Even if I'm told to speak informally, there's no way I can do that honestly.
That's just the way I am.
"...I understand. Now, I'll say the same thing, but do you have any idea why your soul is cracked?"
"Isn't it just the shock of my death? I was killed due to a mistaken idea that I had no idea about..."
"...No, it's not. I think it was something more fundamental, a decisive event in your life."
I think of a persistent problem in shaping my personality.
That's probably correct.
"Um... maybe--"
I tell him what I think might happen to be the crack appears in my soul.
Maybe it's because of that game.
I think it's just a game... but when I say it out loud, I can objectively see how abnormal I am.
Even though I was killed by mistake, I don't harbor any resentment or bitterness towards the person who killed me.
And yet, I'm always worried about the main character of that game.
One of countless games, the protagonist who shouldn't exist in the world.
I can't forget such an insignificant person.
I honestly told him everything that was on my mind. I was confessing to God.
"I see... I understand the situation. That's certainly correct."
"Well... it's strange, isn't it? Getting sick because of a game character."
Even God would be shocked if I said something like this.
I'm shocked at myself, so I'm sure other people would think I'm weird if they heard me say it.

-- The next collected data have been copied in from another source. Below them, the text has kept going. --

-- ===== src/Pty/TwoWay.antt =====
-- internal/pty/pty.go: the two directions of the terminal.
use share_serial.Base.{
  ℕ, ◌≡◌, refl, sym, ap, ◌∙◌, true, List, [], ◌∷◌, ◌++◌, append-nil, append_assoc, Text,
  take-append-drop, arith,
}
use share_serial.Pty.{
  MockPty, PtyRead, pty_closed, pty_empty, pty_bytes, read_pty, read_from_slave, write_pty,
  inject_external_data,
}

-- What the user and the program do, with the sizes of their buffers.
pub data Op : Type 0 where
  types : Text → Op
  receives : ℕ → Op
  prints : Text → Op
  shows : ℕ → Op

-- The terminal, what the program has received, and what the user has been shown.
pub record Session : Type 0 where
  pub pty : MockPty
  pub received : Text
  pub shown : Text

text_of : PtyRead → Text
text_of pty_closed = []
text_of pty_empty = []
text_of (pty_bytes t) = t

pub step : Session → Op → Session
unfolding text_of
step s (types t) = record s { pty = inject_external_data s.pty t }
step s (receives n) =
    let (m, r) = read_pty s.pty n in record s { pty = m; received = s.received ++ text_of r }
step s (prints t) = record s { pty = (write_pty s.pty t).0 }
step s (shows n) =
    let (m, r) = read_from_slave s.pty n in record s { pty = m; shown = s.shown ++ text_of r }

pub run : Session → List Op → Session
run s [] = s
run s (op ∷ ops) = run (step s op) ops

abbrev pub typed : List Op → Text
typed [] = []
typed (types t ∷ ops) = t ++ typed ops
typed (receives n ∷ ops) = typed ops
typed (prints t ∷ ops) = typed ops
typed (shows n ∷ ops) = typed ops

abbrev pub printed : List Op → Text
printed [] = []
printed (types t ∷ ops) = printed ops
printed (receives n ∷ ops) = printed ops
printed (prints t ∷ ops) = t ++ printed ops
printed (shows n ∷ ops) = printed ops

-- What a call takes from its buffer, with the rest, is the buffer; the other buffer stays.
read_pty_parts :
    (m : MockPty) (n : ℕ) (t : Text)
    → m.is_open ≡ true
    → m.external_data ≡ t
    → (text_of (read_pty m n).1 ++ (read_pty m n).0.external_data ≡ m.external_data)
      × ((read_pty m n).0.is_open ≡ true)
      × ((read_pty m n).0.slave_buffer ≡ m.slave_buffer)
unfolding read_pty text_of
read_pty_parts m n [] o e = (ground (arith, e), ground (arith, e), ground (arith, e))
read_pty_parts m n (b ∷ bs) o e =
    (ground (arith, e, take-append-drop n (b ∷ bs)), ground (arith, e), ground (arith, e))

read_from_slave_parts :
    (m : MockPty) (n : ℕ) (t : Text)
    → m.is_open ≡ true
    → m.slave_buffer ≡ t
    → (text_of (read_from_slave m n).1 ++ (read_from_slave m n).0.slave_buffer ≡ m.slave_buffer)
      × ((read_from_slave m n).0.is_open ≡ true)
      × ((read_from_slave m n).0.external_data ≡ m.external_data)
unfolding read_from_slave text_of
read_from_slave_parts m n [] o e = (ground (arith, e), ground (arith, e), ground (arith, e))
read_from_slave_parts m n (b ∷ bs) o e =
    (ground (arith, e, take-append-drop n (b ∷ bs)), ground (arith, e), ground (arith, e))

write_pty_parts :
    (m : MockPty) (t : Text)
    → m.is_open ≡ true
    → ((write_pty m t).0.external_data ≡ m.external_data)
      × ((write_pty m t).0.is_open ≡ true)
      × ((write_pty m t).0.slave_buffer ≡ m.slave_buffer ++ t)
unfolding write_pty
write_pty_parts m t o = (ground arith, ground arith, ground arith)

-- On an open terminal, however the calls alternate and whatever the buffers' sizes, the program
-- receives what the user types, and the user is shown what the program prints, each byte once and in
-- order: what was taken, followed by what waits, is what was there and what came.
pub two_way :
    (s : Session) (ops : List Op)
    → s.pty.is_open ≡ true
    → let t = run s ops in
      (t.received ++ t.pty.external_data ≡ (s.received ++ s.pty.external_data) ++ typed ops)
      × (t.shown ++ t.pty.slave_buffer ≡ (s.shown ++ s.pty.slave_buffer) ++ printed ops)
unfolding run step inject_external_data
two_way s [] o = (sym (append-nil _), sym (append-nil _))
two_way s (types t ∷ ops) o =
    let (a, b) = two_way (step s (types t)) ops o in (a ∙ simp append_assoc, b)
two_way s (receives n ∷ ops) o =
    let (parts, still, same) = read_pty_parts s.pty n _ o refl in
    let (a, b) = two_way (step s (receives n)) ops still in
    (
      a
          ∙ ap (λ (x : Text). x ++ typed ops)
              (append_assoc s.received _ _ ∙ ap (λ (x : Text). s.received ++ x) parts),
      b ∙ ap (λ (x : Text). (s.shown ++ x) ++ printed ops) same,
    )
two_way s (prints t ∷ ops) o =
    let (same, still, parts) = write_pty_parts s.pty t o in
    let (a, b) = two_way (step s (prints t)) ops still in
    (
      a ∙ ap (λ (x : Text). (s.received ++ x) ++ typed ops) same,
      b ∙ ap (λ (x : Text). (s.shown ++ x) ++ printed ops) parts ∙ simp append_assoc,
    )
two_way s (shows n ∷ ops) o =
    let (parts, still, same) = read_from_slave_parts s.pty n _ o refl in
    let (a, b) = two_way (step s (shows n)) ops still in
    (
      a ∙ ap (λ (x : Text). (s.received ++ x) ++ typed ops) same,
      b
          ∙ ap (λ (x : Text). x ++ printed ops)
              (append_assoc s.shown _ _ ∙ ap (λ (x : Text). s.shown ++ x) parts),
    )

"I'd be lying if I said I didn't think so, but that's the concept of a soul. Even a being like me can only manage and guide them, so there's no need to worry about it."
I was comforted.
I don't really understand, but that's what God seems to do.
Maybe it's something like a doctor.
"So, what is your wish?"
"I want the protagonist of that game... to have a happy ending. I wanna see that happen for a little while."
It's a shame that the protagonist...no, Trust, who worked so hard, didn't get rewarded.
At the very least, I'll be satisfied with the fact that if such a future exists.
...Ah. I accidentally stopped using honorific language.
As I was thinking about how to justify my mistake, God said:
"...Does that mean using any means necessary?"
"Huh? Y-yes."
"To be honest, it's going to be quite a hardship for you, but is that okay?"
Hardship? How far is that hardship?
I wondered if I should ask for a detailed explanation... but no, there was no need for that.
Even if he is just game characters, I want him to be happy.
In that case, I think it's best to nod without thinking.
"Yes"
"You'll need to be prepared for that, you know? Are you still okay with that?"
"Of course!"
"I'll ask again. It's not an easy thing to do. Even if it means contorting yourself, is it really necessary?"
"Yes!"
God asks again and again.
So I nodded repeatedly.
Because my mind had already been made up.
I don't know why I feel this way.
If there is a reason, it might be because I empathized too much with Trust.
It can't be helped, since I really wanted to help him.
I couldn't deny this feeling.
"I understand. Then I will go through with the procedure."
"Th-Thank you!"
God said this to me after I lost count of how many times I had been asked the same question.
I felt a strange sense of satisfaction.
That's it. All that's left now is to play that game on the PC.
It's like a fan disc with a happy ending that was never released.
"Please do your best. I wish you happiness."
"Eh, what?"
"I hope that someone like you, who wishes for things other than yourself, never comes to a place like this again."
As soon as he said that, my consciousness started to fade again.
I feel dizzy.
But there is something like determination.
To catch a glimpse of Trust's happiness...
Author's Note:
The author does not dislike NTR.
However, there is no NTR in this story.